I write today to announce my retirement at the end of this calendar year, a decision I have delayed several times over the past two years at the request of the Chancellor in order to work on issues that I believe are critical to the future and long-term success of our institution.

As I have written many times, the College of Staten Island has an amazing legacy of providing access to high-quality education for the students of Staten Island, New York City, the state, and beyond. We have a legacy of institution that combines one of the first community colleges in NYC, Staten Island Community College, and Richmond College, an experimental upper-division and graduate college that brought public access to baccalaureate and master’s degrees to the borough. We have a legacy of place as the only public institution of higher education in the borough and the Island’s second largest employer. More importantly, we occupy the grounds of Halloran General Hospital, which provided amazing care for wounded soldiers from both the Pacific and European theaters of World War II. Most importantly, we occupy the sacred grounds of Willowbrook State School, where civil rights of people with developmental disabilities were first brought to light, leading to the Willowbrook Consent Decree and later the Americans with Disabilities Act. We have a legacy of mission of borough stewardship and serving as an anchor institution for Staten Island.

We have amazing faculty, staff, and students. We take students from challenging backgrounds and send them to law school, to medical school, and to the best professional schools. Our students get jobs at top firms on Wall Street and serve the best not-for-profits. Even more importantly, on Staten Island, a borough of small businesses, almost everyone employs a graduate of CSI and nearly every family on the Island has a member who is an alum. We make students’ dreams come true.

I have spent one third of my more than 40 years in higher education at CSI and am proud of what it is becoming and am humbled to have served a role in its evolution. During my tenure, CSI received the largest-ever gift to any not-for-profit on Staten Island, a cash gift of $7.5 million for the naming of the Lucille and Jay Chazanoff School of Business, which now includes a planned supplemental gift of more than $1 million. I oversaw more than $250 million in major construction, critical maintenance, and renovations, including the renovation of a historic vacant building for the new home of the School of Business and initiated the “Lustrum” of Infrastructure to prioritize critical maintenance and care of existing buildings over new construction.

We successfully worked with our local elected officials for more than $40 million in City and State money in support of the College, which includes a new track and field, artificial turf ball field, artificial turf, bleachers, lighting for soccer, trading room floor, nursing sim lab, engineering maker space lab, Media Culture TV studio, and Genomic Center. The CSI Dolphins moved to NCAA Division II to improve recruitment and bring greater opportunities for our student-athletes to compete against athletes in the Northeast.

We opened CSI St. George for better access to classes for many SI residents. The 30,000 Degree Consortium was initiated by bringing together all institutions on Staten Island to increase the number of residents with baccalaureate degrees by 30,000 in 2025. Philanthropic support has also greatly increased. The CSI Foundation now has approximately $22 million in assets and a million-dollar surplus in unrestricted funds.

During my presidency, a new Strategic Plan for 2017-2022 called Opportunity to Ascend, was created to emphasize the opportunities CSI provides for our students, as well as the opportunity we have as an institution to ascend in national recognition. The plan focuses on student success, global engagement, Borough stewardship, destination campus, scholarship-driven education, and resource management. We successfully underwent a restructuring of the academic reorganization of CSI to include its first academic schools including a new School of Business, a School of Education, a School of Health Sciences, and 11 new academic departments. We have new academic degrees and certificate programs highlighted by a new MSW degree with a focus on care for the developmentally disabled and established CSI as a doctoral degree-granting institution.

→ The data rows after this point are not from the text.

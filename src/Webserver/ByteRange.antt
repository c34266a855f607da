-- ===== src/Webserver/ByteRange.antt =====
-- The one byte range that a `Range` header asks for: src/libranet/webserver/byte_range.py, from the
-- two numbers that its pattern reads on.
use libranet.Base.{
  ℕ, ◌+◌, ◌-◌, ◌≤◌, ◌≡◌, refl, ap, ◌⊎◌, inl, inr, Bool, ◌&&◌, Option, none, some, arith, ltb, leb,
  if◌then◌else◌, min_of, Bool-cases, length, ◌>>=◌, value_error, Result, ok, err,
}

-- `ByteRange`; `byte_range` is its constructor with the check of `__post_init__`.
pub record ByteRange : Type 0 where
  pub start_bytes : ℕ
  pub stop_bytes : ℕ
  pub file_bytes : ℕ

unfoldable pub byte_range : ℕ → ℕ → ℕ → Result ByteRange
byte_range start_bytes stop_bytes file_bytes =
    if leb start_bytes stop_bytes && leb stop_bytes file_bytes
    then ok (record { start_bytes = start_bytes; stop_bytes = stop_bytes; file_bytes = file_bytes })
    else err value_error

-- `_span`, of the numbers its groups hold, `none` for an empty group.
unfoldable pub span : Option ℕ → Option ℕ → ℕ → Result (ℕ × ℕ)
span none none file_bytes = err value_error
span none (some last) file_bytes = ok (file_bytes - last, file_bytes)
span (some first) none file_bytes = ok (min_of first file_bytes, file_bytes)
span (some first) (some last) file_bytes =
    if ltb last first
    then err value_error
    else (let stop_bytes : ℕ = min_of (last + 1) file_bytes in
        ok (min_of first stop_bytes, stop_bytes))

-- The end of `ByteRange.from_header`: a span that cannot be read is as no header at all.
unfoldable pub of_groups : Option ℕ → Option ℕ → ℕ → Result (Option ByteRange)
unfolding span byte_range
of_groups first last file_bytes = elim (span first last file_bytes) [
  | err e ↦ ok none
  | ok (start_bytes, stop_bytes) ↦
      byte_range start_bytes stop_bytes file_bytes >>= (λ range. ok (some range))
]

-- `satisfiable`
unfoldable pub satisfiable : ByteRange → Bool
satisfiable r = ltb r.start_bytes r.stop_bytes

-- The bytes of a file that a header asks for, as RFC 9110 says.
unfoldable pub asked : Option ℕ → Option ℕ → ℕ → ℕ → Bool
asked none none file_bytes i = ltb i file_bytes
asked none (some length) file_bytes i = ltb i file_bytes && leb file_bytes (i + length)
asked (some first) none file_bytes i = ltb i file_bytes && leb first i
asked (some first) (some last) file_bytes i = ltb i file_bytes && leb first i && leb i last

byte_range_within :
    (a b n : ℕ)
    → a ≤ b
    → b ≤ n
    → (r : ByteRange) × (byte_range a b n ≡ ok r)
      × (r.start_bytes ≤ r.stop_bytes)
      × (r.stop_bytes ≤ n)
unfolding byte_range
byte_range_within a b n h k =
    (record { start_bytes = a; stop_bytes = b; file_bytes = n }, ground arith, h, k)

some_range :
    (a b n : ℕ)
    → a ≤ b
    → b ≤ n
    → (r : ByteRange) × ((byte_range a b n >>= (λ range. ok (some range))) ≡ ok (some r))
      × (r.start_bytes ≤ r.stop_bytes)
      × (r.stop_bytes ≤ n)
some_range a b n h k =
    let (r, e, l, m) = byte_range_within a b n h k in
    (r, ap (λ x. x >>= (λ range. ok (some range))) e, l, m)

-- A header's numbers never raise: they are ignored exactly when both are missing or the last byte
-- lies before the first, and otherwise give a range within the file.
pub of_groups_total :
    (first last : Option ℕ) (file_bytes : ℕ)
    → ((of_groups first last file_bytes ≡ ok none) × (span first last file_bytes ≡ err value_error))
      ⊎ ((r : ByteRange) × (of_groups first last file_bytes ≡ ok (some r))
          × (r.start_bytes ≤ r.stop_bytes)
          × (r.stop_bytes ≤ file_bytes))
unfolding of_groups span
of_groups_total none none n = inl (refl, refl)
of_groups_total none (some last) n = inr (some_range (n - last) n n (omega arith) (omega arith))
of_groups_total (some first) none n =
    inr (some_range (min_of first n) n n (ground arith) (omega arith))
of_groups_total (some first) (some last) n = elim (Bool-cases (ltb last first)) [
  | inl t ↦ inl (ground (arith, t), ground (arith, t))
  | inr f ↦
      let (r, e, l, m) =
        some_range (min_of first (min_of (last + 1) n)) (min_of (last + 1) n) n (ground arith)
          (ground arith) in
      inr (r, ground (arith, f, e), l, m)
]

-- A range read holds exactly the bytes of the file that the header asks for.
pub of_groups-asked :
    (first last : Option ℕ) (file_bytes i : ℕ) (r : ByteRange)
    → of_groups first last file_bytes ≡ ok (some r)
    → (leb r.start_bytes i && ltb i r.stop_bytes) ≡ asked first last file_bytes i
unfolding of_groups span byte_range asked
of_groups-asked none none n i r h = cc
of_groups-asked none (some last) n i r h = ground arith
of_groups-asked (some first) none n i r h = ground arith
of_groups-asked (some first) (some last) n i r h = ground arith
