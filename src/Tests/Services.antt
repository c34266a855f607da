-- ===== src/Tests/Services.antt =====
-- The theorems on the node's services at small inputs.
use libranet.Base.{
  ℕ, ◌+◌, ◌≤◌, ◌≡◌, refl, ◌⊎◌, true, false, ◌&&◌, none, some, List, [], ◌∷◌, ◌++◌, arith, ltb, leb,
  ◌==◌, length, value_error, ok, err,
}
use libranet.Cas.ContentId.{content_id_eq, ContentId}
use libranet.Messaging.Dispatcher.{Inbox, event}
use libranet.Messaging.Order.{
  given, happen_all, wanted, happen_all_in_order, Happening, publishing, flushing, reading,
}
use libranet.Webserver.Sessions.{
  is_idle, forget, start, session_of, end_sessions, Session, Held, Sessions, session_started,
  last_session_ended,
}
use libranet.Webserver.Sessions.Told.{IsTold, forget-IsTold, start-IsTold, session_of-IsTold}
use libranet.Webserver.Sessions.Laws.{
  start-session_of, session_of-renews, AllIdle, session_of_idle, end_sessions-session_of,
}
use libranet.Webserver.ByteRange.{
  span, of_groups, asked, of_groups_total, of_groups-asked, ByteRange,
}
use libranet.Supervision.{check_modules, Child, Backoff, World}
use libranet.Supervision.Log.{AllLogged, check_modules_logged}
use libranet.Connections.PeerMix.{mix_size, known, choose, Candidate, PeerMix}
use libranet.Connections.PeerMix.Laws.{New, choose-New, choose_bounded}
use libranet.Eviction.Pressure.{deleted, excess, over_limits, excess_relieves, StoragePressure}
use libranet.Stats.Ratings.{answer, rated_bytes, answers_add_up, NodeStats, RatingCounts}

-- An inbox of one place, of module 1, which subscribes to event 5.
abbrev inbox : Inbox
inbox = record {
  module_name = 1;
  subscriptions = some (5 ∷ []);
  capacity = 1;
  read = [];
  queue = [];
  held = [];
  held_count = 0;
}

abbrev publishing_by : ℕ → ℕ → ℕ → Happening
publishing_by source n payload = publishing (record {
  raw_event = some (event n);
  raw_source = some source;
  raw_timestamp = some 100;
  raw_payload = payload;
})

abbrev happenings : List Happening
happenings =
    publishing_by 2 5 30
    ∷ publishing_by 3 5 31
    ∷ publishing_by 1 5 32
    ∷ reading
    ∷ publishing_by 2 6 33
    ∷ flushing
    ∷ []

happen_all_in_order_example :
    given (happen_all happenings inbox) ≡ given inbox ++ wanted happenings 1 (some (5 ∷ []))
happen_all_in_order_example = happen_all_in_order happenings inbox

happenings_held :
    (happen_all happenings inbox).queue
    ≡ record { event_type = event 5; source = 3; payload = 31 } ∷ []
unfolding happen_all
happenings_held = refl

-- Persons 8 and 9 are signed in, person 8 twice.
abbrev session_for : ℕ → Session
session_for person = record { username = 97 ∷ []; person = person; fallback = none; block = 3 }

abbrev held_for : ℕ → ℕ → Held
held_for person last_used = record { session = session_for person; last_used = last_used }

abbrev signed_in_three : Sessions
signed_in_three = record {
  idle_seconds = 60;
  listening = true;
  held = (501, held_for 8 100) ∷ (502, held_for 9 110) ∷ (503, held_for 8 150) ∷ [];
  told = session_started 8 ∷ session_started 9 ∷ session_started 8 ∷ [];
}

three-IsTold : IsTold signed_in_three 9
unfolding IsTold
three-IsTold = refl

start-IsTold_example : IsTold (start 504 175 (session_for 7) signed_in_three) 9
start-IsTold_example = start-IsTold 504 175 (session_for 7) signed_in_three 9 refl refl three-IsTold

start_forgets :
    (start 504 175 (session_for 7) signed_in_three).told
    ≡ session_started 8
      ∷ session_started 9
      ∷ session_started 8
      ∷ last_session_ended 9
      ∷ session_started 7
      ∷ []
unfolding start
start_forgets = refl

session_of-IsTold_case : IsTold (session_of (502 ∷ 503 ∷ []) 175 signed_in_three).1 9
session_of-IsTold_case = session_of-IsTold (502 ∷ 503 ∷ []) 175 signed_in_three 9 refl three-IsTold

forget-IsTold_case : IsTold (forget (501 ∷ 502 ∷ []) signed_in_three) 9
forget-IsTold_case = forget-IsTold (501 ∷ 502 ∷ []) signed_in_three 9 refl three-IsTold

end_sessions-session_of_example :
    (session_of (501 ∷ []) 120 (end_sessions (501 ∷ 502 ∷ []) signed_in_three)).0 ≡ none
end_sessions-session_of_example =
    end_sessions-session_of (501 ∷ 502 ∷ []) (501 ∷ []) 120 signed_in_three
      (refl, (refl, (refl, tt))) (refl, tt)

all_idle : AllIdle 60 signed_in_three.held 210
unfolding AllIdle
all_idle = (refl, (refl, (refl, tt)))

session_of_idle_case : (session_of (503 ∷ []) 210 signed_in_three).0 ≡ none
session_of_idle_case = session_of_idle (503 ∷ []) 210 signed_in_three all_idle

start-session_of_case :
    (session_of (504 ∷ []) 234 (start 504 175 (session_for 7) signed_in_three)).0
    ≡ some (session_for 7)
start-session_of_case =
    start-session_of 504 175 234 (session_for 7) signed_in_three [] (omega arith)

fresh : is_idle 60 (held_for 8 100) 150 ≡ false
unfolding is_idle
fresh = refl

session_of-renews_case :
    (session_of (501 ∷ []) 200 (session_of (501 ∷ []) 150 signed_in_three).1).0
    ≡ some (session_for 8)
session_of-renews_case =
    session_of-renews 501 150 200 (held_for 8 100) signed_in_three [] [] refl fresh (omega arith)

-- Two modules: one has died, and one was never started.
abbrev backoff : Backoff
backoff = record { delay_seconds = 1; max_delay_seconds = 60; stable_after_seconds = 300 }

abbrev died : Child
died = record {
  name = 1;
  process = some 40;
  started_at = 10;
  starts = 1;
  failures = 0;
  restart_at = none;
}

abbrev unstarted : Child
unstarted = record {
  name = 2;
  process = none;
  started_at = 0;
  starts = 0;
  failures = 0;
  restart_at = none;
}

abbrev system : ℕ → World
system process = record { alive = (λ p. p == process); process = process; started_at = 20 }

check_modules_logged_example :
    AllLogged
      (check_modules backoff ((died, system 41) ∷ (unstarted, system 42) ∷ []) 20 (1 ∷ [])).1
      (check_modules backoff ((died, system 41) ∷ (unstarted, system 42) ∷ []) 20 (1 ∷ [])).0
check_modules_logged_example =
    check_modules_logged backoff ((died, system 41) ∷ (unstarted, system 42) ∷ []) 20 (1 ∷ [])
      (refl, (refl, tt)) (refl, (refl, tt))

-- A module found dead a third time in a row, at 20, waits until 24.
abbrev died_again : Child
died_again = record died { failures = 2 }

abbrev looks_between : List (World × ℕ)
looks_between = (system 41, 21) ∷ (system 41, 23) ∷ []

-- Storage over both limits.
abbrev pressure : StoragePressure
pressure = record {
  min_free_bytes = 1000;
  max_held_bytes = some 5000;
  held_bytes = 5200;
  headroom_bytes = 300;
}

excess_is : excess pressure 900 ≡ 500
unfolding excess
excess_is = refl

excess_relieves_example :
    over_limits (deleted pressure (excess pressure 900)) (900 + excess pressure 900) 250 ≡ false
excess_relieves_example = excess_relieves pressure 900 250 (omega arith) (omega arith)

abbrev stats : ℕ → ℕ → NodeStats
stats bytes found = record { bytes_received = bytes; data_found = found }

abbrev counts : RatingCounts
counts = record { as_of = (6, stats 10 1) ∷ []; outbound = 6 ∷ 4 ∷ [] }

answers_add_up_example :
    rated_bytes 6 (answer counts ((6, stats 15 2) ∷ []) (6 ∷ [])).0
      + rated_bytes 6
          (answer (answer counts ((6, stats 15 2) ∷ []) (6 ∷ [])).1 ((6, stats 40 3) ∷ []) []).0
      + 10
    ≡ 40
answers_add_up_example =
    answers_add_up counts ((6, stats 15 2) ∷ []) ((6, stats 40 3) ∷ []) (6 ∷ []) [] 6
      (refl, (refl, tt)) refl refl (omega arith) (omega arith)

of_groups_ten :
    of_groups (some 10) (some 700) 500
    ≡ ok (some (record { start_bytes = 10; stop_bytes = 500; file_bytes = 500 }))
unfolding of_groups
of_groups_ten = refl

of_groups-asked_example : (leb 10 499 && ltb 499 500) ≡ asked (some 10) (some 700) 500 499
of_groups-asked_example =
    of_groups-asked (some 10) (some 700) 500 499
      (record { start_bytes = 10; stop_bytes = 500; file_bytes = 500 }) of_groups_ten

of_groups_total_case :
    ((of_groups none (some 20) 500 ≡ ok none) × (span none (some 20) 500 ≡ err value_error))
    ⊎ ((r : ByteRange) × (of_groups none (some 20) 500 ≡ ok (some r))
        × (r.start_bytes ≤ r.stop_bytes)
        × (r.stop_bytes ≤ 500))
of_groups_total_case = of_groups_total none (some 20) 500

-- Ids of two hexadecimal digits.
abbrev id : ℕ → ℕ → ContentId
id a b = record { algorithm = 115 ∷ []; hash = a ∷ b ∷ [] }

abbrev candidate : ℕ → ℕ → ℕ → Candidate
candidate endpoint a b = record { endpoints = endpoint ∷ []; node_id = some (id a b) }

abbrev mix : PeerMix
mix = record {
  peers = record {
    min_outgoing_connections = 2;
    bucket_prefix_bits = 4;
    min_neighborhood_connections = 1;
    neighborhood_prefix_bits = 4;
  };
  node_id = id 49 48;
}

abbrev candidates : List Candidate
candidates = candidate 1 49 50 ∷ candidate 2 51 48 ∷ candidate 3 51 49 ∷ candidate 4 49 51 ∷ []

choose-New_example :
    New (known (some (id 51 48) ∷ none ∷ [])) (choose mix candidates (some (id 51 48) ∷ none ∷ []))
choose-New_example = choose-New mix candidates (some (id 51 48) ∷ none ∷ [])

choose_bounded_case :
    length (choose mix candidates (some (id 51 48) ∷ none ∷ [])) ≤ mix_size mix.peers
choose_bounded_case = choose_bounded mix candidates (some (id 51 48) ∷ none ∷ [])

Bonnie and I consider it an honor to have lived and served in the community; we treasure our friends and colleagues and want everyone to know that both CSI and Staten Island will be forever a part of our lives.

As I have written before, I remain concerned about the enrollment and budgetary challenges of the future. However, these are solvable problems. My greatest concern remains the need for a new Governance Plan to guide more inclusive campus discussions and recommendations as well as to align with the standards of Middle States. A new team will need to decide if my proposals have merit and to make recommendations to the Board that they deem appropriate. I urge the campus to continue to engage in discussions of how recommendations are made and campus conversations take place.

My concluding belief is that the College of Staten Island has a bright future. It cannot fail in its Mission to provide access and quality. It is located in too strategic a region, with such a unique campus that it will succeed and take its rightful place as one of the stars of American public higher education. I call on the entire campus community to work together to make that happen.